Here are some examples of when backup compression may not produce a high compression ratio:

  • If the database has transparent data encryption enabled, then the compression ratio will be very low because the data being compressed is random small values.
  • If most of the data in the database is encrypted at the column level, then the compression ratio will be low, again because the column encryption essentially randomizes the data.
  • If most tables in the database have data compression enabled, then the compression ratio will be low; compressing data that is already mostly compressed usually has little effect.

In the case when the compression ratio is low, the problem is not the low ratio but the fact that CPU resources are used to run the compression algorithm for no gain. No matter how well a chunk of data can be compressed, CPU resources are always used to run the compression and decompression algorithms.

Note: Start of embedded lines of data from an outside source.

-- ===== src/Gate/Service/Client.antt =====
-- What other services write to the connections of service-src/service_gate.c.
use pskynet.Prelude.{
  ℕ, ◌+◌, ◌-◌, ◌*◌, ◌/◌, ◌%◌, ◌^◌, ◌<◌, ◌≡◌, ap, ◌∙◌, arith, true, false, List, [], ◌∷◌, ◌++◌, some,
  bit_or, leb, length, length-append,
}
use pskynet.Prelude.Bits.{bit_or_high}
use pskynet.Prelude.Bytes.{le_bytes, length-le_bytes, take-append_self, drop-append_self}
use pskynet.HashId.{lookup}
use pskynet.Gate.{written}
use pskynet.Gate.Service.{Service, client_id, write_client, on_client}

client_id-le_bytes : (id : ℕ) → id < 2 ^ 32 → client_id (le_bytes 4 id) ≡ id
unfolding client_id
client_id-le_bytes id h =
    let a : ℕ = id % 256 in
    let b : ℕ = id / 256 % 256 in
    let c : ℕ = id / 256 / 256 % 256 in
    let d : ℕ = id / 256 / 256 / 256 % 256 in
    let first : bit_or a (b * 2 ^ 8) ≡ b * 2 ^ 8 + a = bit_or_high 8 b a (omega arith) in
    let second : bit_or (b * 2 ^ 8 + a) (c * 2 ^ 16) ≡ c * 2 ^ 16 + (b * 2 ^ 8 + a) =
      bit_or_high 16 c (b * 2 ^ 8 + a) (omega arith) in
    let third : bit_or (c * 2 ^ 16 + (b * 2 ^ 8 + a)) (d * 2 ^ 24)
        ≡ d * 2 ^ 24 + (c * 2 ^ 16 + (b * 2 ^ 8 + a)) =
      bit_or_high 24 d (c * 2 ^ 16 + (b * 2 ^ 8 + a)) (omega arith) in
    rw (first, second, third) (omega arith)

-- A message with the id of a connection in four bytes behind it, the lowest first, is written to the
-- socket without these bytes, and the gate keeps the memory of the message.
pub on_client-written :
    (s : Service) (text : List ℕ) (id place : ℕ)
    → 0 < length text
    → id < 2 ^ 32
    → lookup s.hash id ≡ some place
    → on_client s (text ++ le_bytes 4 id) ≡ (written id text ∷ [], true)
unfolding on_client write_client
on_client-written s text id place some_ fits here =
    let size : length (text ++ le_bytes 4 id) - 4 ≡ length text =
      omega (arith, length-append text (le_bytes 4 id), length-le_bytes 4 id) in
    let long : leb (length (text ++ le_bytes 4 id)) 4 ≡ false =
      ground (arith, length-append text (le_bytes 4 id), length-le_bytes 4 id) in
    rw (long, size)
      (rw (drop-append_self text (le_bytes 4 id), take-append_self text (le_bytes 4 id))
        (ap (λ u. write_client s u text) (client_id-le_bytes id fits) ∙ rw (here, write_client)))
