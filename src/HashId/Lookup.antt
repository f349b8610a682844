-- ===== src/HashId/Lookup.antt =====
-- What `hashid_lookup` of service-src/hashid.h finds after an insertion or a removal.
use pskynet.Prelude.{
  ◌^◌, ℕ, zero, suc, ◌+◌, ◌-◌, ◌*◌, ◌/◌, ◌%◌, ◌<◌, ◌≤◌, ltb, leb, ltb→lt, ◌≡◌, refl, sym, ap, ◌∙◌,
  ◌≢◌, ◌⊎◌, inl, inr, false, List, [], ◌∷◌, Option, some, arith, bit_and, ◌==◌, Bool-cases, ==_refl,
  ==→≡, ==_false, ≢→==,
}
use pskynet.HashId.{unused, HashId, set, lookup_chain, lookup, free_node, insert}

-- Changing a node between two ids that are not looked for does not matter.
pub lookup_chain-set :
    (ids : ℕ → ℕ) (c new other : ℕ) (cs : List ℕ)
    → ids c ≢ other
    → new ≢ other
    → lookup_chain (set ids c new) other cs ≡ lookup_chain ids other cs
unfolding lookup_chain
lookup_chain-set ids c new other [] p q = refl
lookup_chain-set ids c new other (d ∷ cs) p q = elim (Bool-cases (c == d)) [
  | inl same ↦
      let e : c ≡ d = ==→≡ c d same in
      let old : (ids d == other) ≡ false = ≢→== (ids d) other (λ k. p (ap ids e ∙ k)) in
      rw (same, ≢→== new other q, old) (lookup_chain-set ids c new other cs p q)
  | inr apart ↦ rw (apart, lookup_chain-set ids c new other cs p q)
]

shifted : (m n j : ℕ) → j < n → (m * n + j) % n ≡ j
shifted m n j h = grind arith

split_mod : (a n : ℕ) → 0 < n → a / n * n + a % n ≡ a
split_mod a n h = grind arith

-- Every node is tried in one of the first rounds.
round_of : (n id j : ℕ) → j < n → (k : ℕ) × (k < n) × ((k + id) % n ≡ j)
round_of n id j h =
    let low : id % n < n = grind arith in
    let split = split_mod id n (omega arith) in
    elim (Bool-cases (ltb j (id % n))) [
      | inl less ↦
          let short = ltb→lt j (id % n) less in
          let sum : j + n - id % n + id ≡ (id / n + 1) * n + j = grind arith in
          (j + n - id % n, omega arith, rw sum (shifted (id / n + 1) n j h))
      | inr more ↦
          let enough : id % n ≤ j = ground arith in
          let sum : j - id % n + id ≡ id / n * n + j = omega arith in
          (j - id % n, omega arith, rw sum (shifted (id / n) n j h))
    ]

free_after :
    (fuel i : ℕ) (hi : HashId) (id : ℕ)
    → (hi.id ((i + id) % hi.cap) == unused) ≡ false
    → ((k : ℕ) → k < fuel → hi.id ((i + 1 + k + id) % hi.cap) ≢ unused)
    → (k : ℕ) → k < suc fuel
    → hi.id ((i + k + id) % hi.cap) ≢ unused
free_after fuel i hi id used rest zero h =
    let e : i + 0 + id ≡ i + id = omega arith in
    rw e (==_false (hi.id ((i + id) % hi.cap)) unused used)
free_after fuel i hi id used rest (suc k) h =
    let e : i + suc k + id ≡ i + 1 + k + id = omega arith in rw e (rest k (omega arith))

mod_lt : (a n : ℕ) → 0 < n → a % n < n
mod_lt a n h = grind arith

-- The search ends at a free node, or every node that it tried is used.
free_node-cases :
    (fuel i : ℕ) (hi : HashId) (id : ℕ)
    → 0 < hi.cap
    → i + fuel + id ≤ 2 ^ 31
    → ((c : ℕ) × (free_node fuel i hi id ≡ some c) × (hi.id c ≡ unused) × (c < hi.cap))
      ⊎ ((k : ℕ) → k < fuel → hi.id ((i + k + id) % hi.cap) ≢ unused)
unfolding free_node
free_node-cases zero i hi id room small = inr (λ k h. absurd (omega arith))
free_node-cases (suc fuel) i hi id room small =
    let fits : leb (2 ^ 31) (i + id) ≡ false = ground (arith, small) in
    elim (Bool-cases (hi.id ((i + id) % hi.cap) == unused)) [
      | inl free ↦ inl (
        (i + id) % hi.cap,
        rw (fits, free, free_node),
        ==→≡ (hi.id ((i + id) % hi.cap)) unused free,
        mod_lt (i + id) hi.cap room,
      )
      | inr used ↦ elim (free_node-cases fuel (i + 1) hi id room (omega (arith, small))) [
        | inl (c, e, free, below) ↦ inl (c, rw (fits, used, free_node) e, free, below)
        | inr rest ↦ inr (λ k h. free_after fuel i hi id used rest k h)
      ]
    ]

-- What an insertion into a table with a free node gives.
pub record Inserted (hi : HashId) (id : ℕ) (r : Option (ℕ × HashId)) : Type 0 where
  pub node : ℕ
  pub next : HashId
  pub returns : r ≡ some (node, next)
  pub was_free : hi.id node ≡ unused
  pub below : node < hi.cap
  pub ids : next.id ≡ set hi.id node id
  pub one_more : next.count ≡ hi.count + 1
  pub cap : next.cap ≡ hi.cap
  pub found : lookup next id ≡ some node
  pub others : (other : ℕ) → other ≢ id → other ≢ unused → lookup next other ≡ lookup hi other

lookup-other :
    (hi : HashId) (c id other : ℕ)
    → hi.id c ≡ unused
    → other ≢ id
    → other ≢ unused
    → let h = bit_and id hi.hashmod in
      lookup_chain (set hi.id c id) other (set hi.hash h (c ∷ hi.hash h) (bit_and other hi.hashmod))
      ≡ lookup hi other
unfolding lookup lookup_chain
lookup-other hi c id other free differ used =
    let same : (cs : List ℕ)
        → lookup_chain (set hi.id c id) other cs ≡ lookup_chain hi.id other cs =
      λ cs. lookup_chain-set hi.id c id other cs (λ e. used (sym e ∙ free)) (λ e. differ (sym e)) in
    elim (Bool-cases (bit_and id hi.hashmod == bit_and other hi.hashmod)) [
      | inl here ↦
          let e : bit_and id hi.hashmod ≡ bit_and other hi.hashmod =
            ==→≡ (bit_and id hi.hashmod) (bit_and other hi.hashmod) here in
          let other_id : (id == other) ≡ false = ≢→== id other (λ k. differ (sym k)) in
          rw (here, ==_refl c, other_id)
            (same (hi.hash (bit_and id hi.hashmod))
              ∙ ap (λ h. lookup_chain hi.id other (hi.hash h)) e)
      | inr there ↦ rw there (same (hi.hash (bit_and other hi.hashmod)))
    ]

-- When a node below the capacity is free and the int sums do not overflow, `hashid_insert` takes a free
-- node; the id is then found at that node, and every other id where it was.
pub insert-Inserted :
    (hi : HashId) (id j : ℕ)
    → id ≢ unused
    → id + hi.cap ≤ 2 ^ 31
    → j < hi.cap
    → hi.id j ≡ unused
    → Inserted hi id (insert hi id)
unfolding insert lookup lookup_chain
insert-Inserted hi id j proper small below free =
    elim (free_node-cases hi.cap 0 hi id (omega arith) (omega (arith, small))) [
      | inr all_used ↦
          let (k, before, e) = round_of hi.cap id j below in
          let plain : 0 + k + id ≡ k + id = omega arith in
          let at : hi.id ((0 + k + id) % hi.cap) ≡ unused =
            ap (λ n. hi.id (n % hi.cap)) plain ∙ ap hi.id e ∙ free in
          absurd (all_used k before at)
      | inl (c, e, was_free, below_cap) ↦
          let h : ℕ = bit_and id hi.hashmod in
          rw e (record {
            node = c;
            next = record hi {
              count = hi.count + 1;
              id = set hi.id c id;
              hash = set hi.hash h (c ∷ hi.hash h);
            };
            returns = refl;
            was_free = was_free;
            below = below_cap;
            ids = refl;
            one_more = refl;
            cap = refl;
            found = rw (==_refl h, ==_refl c, ==_refl id);
            others = λ other differ used. lookup-other hi c id other was_free differ used;
          })
    ]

This means that you need to check how well each database compresses in a backup before deciding to use backup compression for that database all the time. Otherwise you may possibly be wasting CPU resources. This is the basis for what you've heard.

To summarize, if the majority of the databases will benefit from backup compression, it makes sense to enable backup compression at the server level and manually change a few backup jobs to specifically use the WITH NO_COMPRESSION option. Alternatively, if the majority of the databases will not benefit from backup compression, it makes sense to leave backup compression turned off at the server level and manually change a few backup jobs to specifically use the WITH COMPRESSION option.

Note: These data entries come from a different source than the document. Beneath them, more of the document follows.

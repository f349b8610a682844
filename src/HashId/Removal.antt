-- ===== src/HashId/Removal.antt =====
-- `hashid_remove` of service-src/hashid.h.
use pskynet.Prelude.{
  ℕ, ◌≡◌, refl, sym, ap, ◌∙◌, ◌≢◌, ◌⊎◌, inl, inr, true, false, List, [], ◌∷◌, Option, none, some,
  ◌-◌, bit_and, ◌==◌, if◌then◌else◌, Bool-cases, ==_refl, ==→≡, ==_false, ≢→==,
}
use pskynet.HashId.{unused, HashId, set, lookup_chain, lookup, unlink, remove}
use pskynet.HashId.Lookup.{lookup_chain-set}

-- No two nodes have the same id.
abbrev pub HasUniqueIds : (ℕ → ℕ) → Type 0
HasUniqueIds ids = (c d : ℕ) → ids c ≡ ids d → ids c ≢ unused → c ≡ d

-- Once its node is free, an id is in no chain.
lookup_chain-gone :
    (ids : ℕ → ℕ) (c id : ℕ) (cs : List ℕ)
    → HasUniqueIds ids
    → ids c ≡ id
    → id ≢ unused
    → lookup_chain (set ids c unused) id cs ≡ none
unfolding lookup_chain
lookup_chain-gone ids c id [] unique e proper = refl
lookup_chain-gone ids c id (d ∷ cs) unique e proper = elim (Bool-cases (c == d)) [
  | inl same ↦
      rw (same, ≢→== unused id (λ k. proper (sym k)))
        (lookup_chain-gone ids c id cs unique e proper)
  | inr apart ↦
      let other : ids d ≢ id =
        λ k. ==_false c d apart (unique c d (e ∙ sym k) (λ u. proper (sym e ∙ u))) in
      rw (apart, ≢→== (ids d) id other) (lookup_chain-gone ids c id cs unique e proper)
]

-- What the search of `hashid_remove` finds in a chain.
record Unlinked (ids : ℕ → ℕ) (id : ℕ) (cs : List ℕ) (r : Option (ℕ × List ℕ)) : Type 0 where
  node : ℕ
  left : List ℕ
  returns : r ≡ some (node, left)
  has_id : ids node ≡ id
  found : lookup_chain ids id cs ≡ some node
  others : (other : ℕ) → other ≢ id → lookup_chain ids other left ≡ lookup_chain ids other cs

abbrev Missing : (ℕ → ℕ) → ℕ → List ℕ → Type 0
Missing ids id cs = (unlink ids id cs ≡ none) × (lookup_chain ids id cs ≡ none)

unlink-here :
    (ids : ℕ → ℕ) (id d : ℕ) (cs : List ℕ)
    → (ids d == id) ≡ true
    → Unlinked ids id (d ∷ cs) (unlink ids id (d ∷ cs))
unfolding unlink lookup_chain
unlink-here ids id d cs same =
    rw (same, unlink)
      (record {
        node = d;
        left = cs;
        returns = refl;
        has_id = ==→≡ (ids d) id same;
        found = rw same;
        others =
            λ other differ. rw (≢→== (ids d) other (λ k. differ (sym k ∙ ==→≡ (ids d) id same)));
      })

lookup_chain-cons :
    (ids : ℕ → ℕ) (other d : ℕ) (xs ys : List ℕ)
    → lookup_chain ids other xs ≡ lookup_chain ids other ys
    → lookup_chain ids other (d ∷ xs) ≡ lookup_chain ids other (d ∷ ys)
unfolding lookup_chain
lookup_chain-cons ids other d xs ys e = ap (λ rest. if ids d == other then some d else rest) e

unlink-later :
    (ids : ℕ → ℕ) (id d : ℕ) (cs : List ℕ)
    → (ids d == id) ≡ false
    → Unlinked ids id cs (unlink ids id cs)
    → Unlinked ids id (d ∷ cs) (unlink ids id (d ∷ cs))
unfolding unlink lookup_chain
unlink-later ids id d cs apart u =
    rw (apart, unlink)
      (rw u.returns (record {
        node = u.node;
        left = d ∷ u.left;
        returns = refl;
        has_id = u.has_id;
        found = rw apart u.found;
        others = λ other differ. lookup_chain-cons ids other d u.left cs (u.others other differ);
      }))

unlink-cases :
    (ids : ℕ → ℕ) (id : ℕ) (cs : List ℕ) → Missing ids id cs ⊎ Unlinked ids id cs (unlink ids id cs)
unfolding unlink lookup_chain
unlink-cases ids id [] = inl (refl, refl)
unlink-cases ids id (d ∷ cs) = elim (Bool-cases (ids d == id)) [
  | inl same ↦ inr (unlink-here ids id d cs same)
  | inr apart ↦ elim (unlink-cases ids id cs) [
    | inl (no_node, not_found) ↦ inl (rw (apart, no_node), rw (apart, not_found))
    | inr u ↦ inr (unlink-later ids id d cs apart u)
  ]
]

-- The node that a removal sets free.
pub record Freed (hi : HashId) (id : ℕ) (next : HashId) : Type 0 where
  pub node : ℕ
  pub found : lookup hi id ≡ some node
  pub has_id : hi.id node ≡ id
  pub ids : next.id ≡ set hi.id node unused
  pub one_less : next.count ≡ hi.count - 1
  pub cap : next.cap ≡ hi.cap

-- What a removal gives.
pub record Forgotten (hi : HashId) (id : ℕ) (r : Option ℕ × HashId) : Type 0 where
  pub returns : r.0 ≡ lookup hi id
  pub gone : lookup r.1 id ≡ none
  pub others : (other : ℕ) → other ≢ id → other ≢ unused → lookup r.1 other ≡ lookup hi other
  pub change : ((lookup hi id ≡ none) × (r.1 ≡ hi)) ⊎ Freed hi id r.1

-- When no two nodes have the same id, `hashid_remove` returns the node of the id, or -1 when there is
-- none; the id is not found any more, and every other id is found where it was.
pub remove-Forgotten :
    (hi : HashId) (id : ℕ) → HasUniqueIds hi.id → id ≢ unused → Forgotten hi id (remove hi id)
unfolding remove lookup
remove-Forgotten hi id unique proper =
    let h : ℕ = bit_and id hi.hashmod in
    elim (unlink-cases hi.id id (hi.hash h)) [
      | inl (no_node, not_found) ↦
          rw (no_node, remove)
            (record {
              returns = sym not_found;
              gone = not_found;
              others = λ other differ used. refl;
              change = inl (not_found, refl);
            })
      | inr u ↦
          let same : (other : ℕ) (cs : List ℕ)
              → other ≢ id
              → other ≢ unused
              → lookup_chain (set hi.id u.node unused) other cs ≡ lookup_chain hi.id other cs =
            λ other cs differ used.
              lookup_chain-set hi.id u.node unused other cs (λ k. differ (sym k ∙ u.has_id))
                (λ k. used (sym k)) in
          rw (u.returns, remove)
            (record {
              returns = sym u.found;
              gone =
                  rw (==_refl h) (lookup_chain-gone hi.id u.node id u.left unique u.has_id proper);
              others = λ other differ used. elim (Bool-cases (h == bit_and other hi.hashmod)) [
                | inl here ↦ rw here (
                    same other u.left differ used
                    ∙ u.others other differ
                    ∙ ap (λ k. lookup_chain hi.id other (hi.hash k))
                        (==→≡ h (bit_and other hi.hashmod) here))
                | inr there ↦ rw there (same other (hi.hash (bit_and other hi.hashmod)) differ used)
              ];
              change = inr (record {
                node = u.node;
                found = u.found;
                has_id = u.has_id;
                ids = refl;
                one_less = refl;
                cap = refl;
              });
            })
    ]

Q Last year we upgraded our databases to have database mirroring so that if a failure occurs, we can failover to the mirror and the application continues. While we were designing the system, we practiced doing failovers of the database and everything worked fine. Last week we had a real failure and the database failover occurred, but all of the application transactions stopped and the application didn't connect to the failover server. In the future, how can I set up SQL Server so that it doesn't drop the application connections during the failover so the transactions can continue?

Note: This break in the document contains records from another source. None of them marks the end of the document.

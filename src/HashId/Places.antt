-- ===== src/HashId/Places.antt =====
-- The ids at the nodes of service-src/hashid.h when the id of one node changes.
use pskynet.Prelude.{
  ℕ, ◌≤◌, ◌<◌, ◌≡◌, ◌≢◌, ◌⊎◌, inl, inr, subst, List, [], ◌∷◌, bit_and, sym, ap, ◌∙◌, arith, false,
  some, ◌==◌, if◌then◌else◌, Bool-cases, ==→≡, ==_false, ≢→==, ==_refl,
}
use pskynet.HashId.{HashId, unused, set, lookup, lookup_chain}
use pskynet.HashId.Removal.{HasUniqueIds}

pub set_cases {ℓ} :
    {A : Type ℓ} (f : ℕ → A) (k : ℕ) (a : A) (j : ℕ)
    → ((j ≡ k) × (set f k a j ≡ a)) ⊎ ((j ≢ k) × (set f k a j ≡ f j))
set_cases f k a j = elim (Bool-cases (k == j)) [
  | inl same ↦ inl (sym (==→≡ k j same), rw same)
  | inr differ ↦ inr ((λ e. ==_false k j differ (sym e)), rw differ)
]

pub set_here {ℓ} : {A : Type ℓ} (f : ℕ → A) (k : ℕ) (a : A) → set f k a k ≡ a
set_here f k a = rw (==_refl k)

pub set_there {ℓ} : {A : Type ℓ} (f : ℕ → A) (k j : ℕ) (a : A) → j ≢ k → set f k a j ≡ f j
set_there f k j a differ = let other : (k == j) ≡ false = ≢→== k j (λ e. differ (sym e)) in rw other

-- An id that no node has, or -1, may be put anywhere.
pub set-HasUniqueIds :
    (ids : ℕ → ℕ) (place new : ℕ)
    → HasUniqueIds ids
    → (new ≡ unused) ⊎ ((c : ℕ) → ids c ≢ new)
    → HasUniqueIds (set ids place new)
set-HasUniqueIds ids place new unique ok c d same proper = elim (set_cases ids place new c) [
  | inl (here, x) ↦ elim (set_cases ids place new d) [
    | inl (here', y) ↦ here ∙ sym here'
    | inr (there, y) ↦ elim ok [
      | inl no_id ↦ absurd (proper (x ∙ no_id))
      | inr apart ↦ absurd (apart d (sym y ∙ sym same ∙ x))
    ]
  ]
  | inr (there, x) ↦ elim (set_cases ids place new d) [
    | inl (here, y) ↦ elim ok [
      | inl no_id ↦ absurd (proper (same ∙ y ∙ no_id))
      | inr apart ↦ absurd (apart c (sym x ∙ same ∙ y))
    ]
    | inr (there', y) ↦ unique c d (sym x ∙ same ∙ y) (λ e. proper (x ∙ e))
  ]
]

pub set-bounded :
    (ids : ℕ → ℕ) (place new cap : ℕ)
    → place < cap
    → ((c : ℕ) → cap ≤ c → ids c ≡ unused)
    → (c : ℕ) → cap ≤ c
    → set ids place new c ≡ unused
set-bounded ids place new cap below bounded c h =
    set_there ids place c new (λ e. omega arith) ∙ bounded c h

lookup_chain-id :
    (ids : ℕ → ℕ) (id c : ℕ) (cs : List ℕ) → lookup_chain ids id cs ≡ some c → ids c ≡ id
unfolding lookup_chain
lookup_chain-id ids id c [] h = absurd (ground arith)
lookup_chain-id ids id c (d ∷ cs) h = elim (Bool-cases (ids d == id)) [
  | inl same ↦
      let e : some d ≡ some c =
        subst (λ b. (if b then some d else lookup_chain ids id cs) ≡ some c) same h in
      let at : d ≡ c = cc in ap ids (sym at) ∙ ==→≡ (ids d) id same
  | inr differ ↦
      lookup_chain-id ids id c cs
        (subst (λ b. (if b then some d else lookup_chain ids id cs) ≡ some c) differ h)
]

-- A node that is found has the id.
pub lookup-id : (hi : HashId) (id c : ℕ) → lookup hi id ≡ some c → hi.id c ≡ id
unfolding lookup
lookup-id hi id c h = lookup_chain-id hi.id id c (hi.hash (bit_and id hi.hashmod)) h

A Let me break this down into two parts—how applications can cope with failovers and how to manage client redirection with database mirroring.

When a failover occurs using any of the high-availability technologies available with SQL Server, the client connection to the failed server is dropped and any in-flight transactions are lost. It is not possible to migrate an in-flight transaction between servers (in a failover situation or otherwise). Depending on the high availability technology, the in-flight transaction either will not exist at all on the failover server or it will exist as an in-flight transaction but will be rolled back as part of the process to bring the database online on the failover server.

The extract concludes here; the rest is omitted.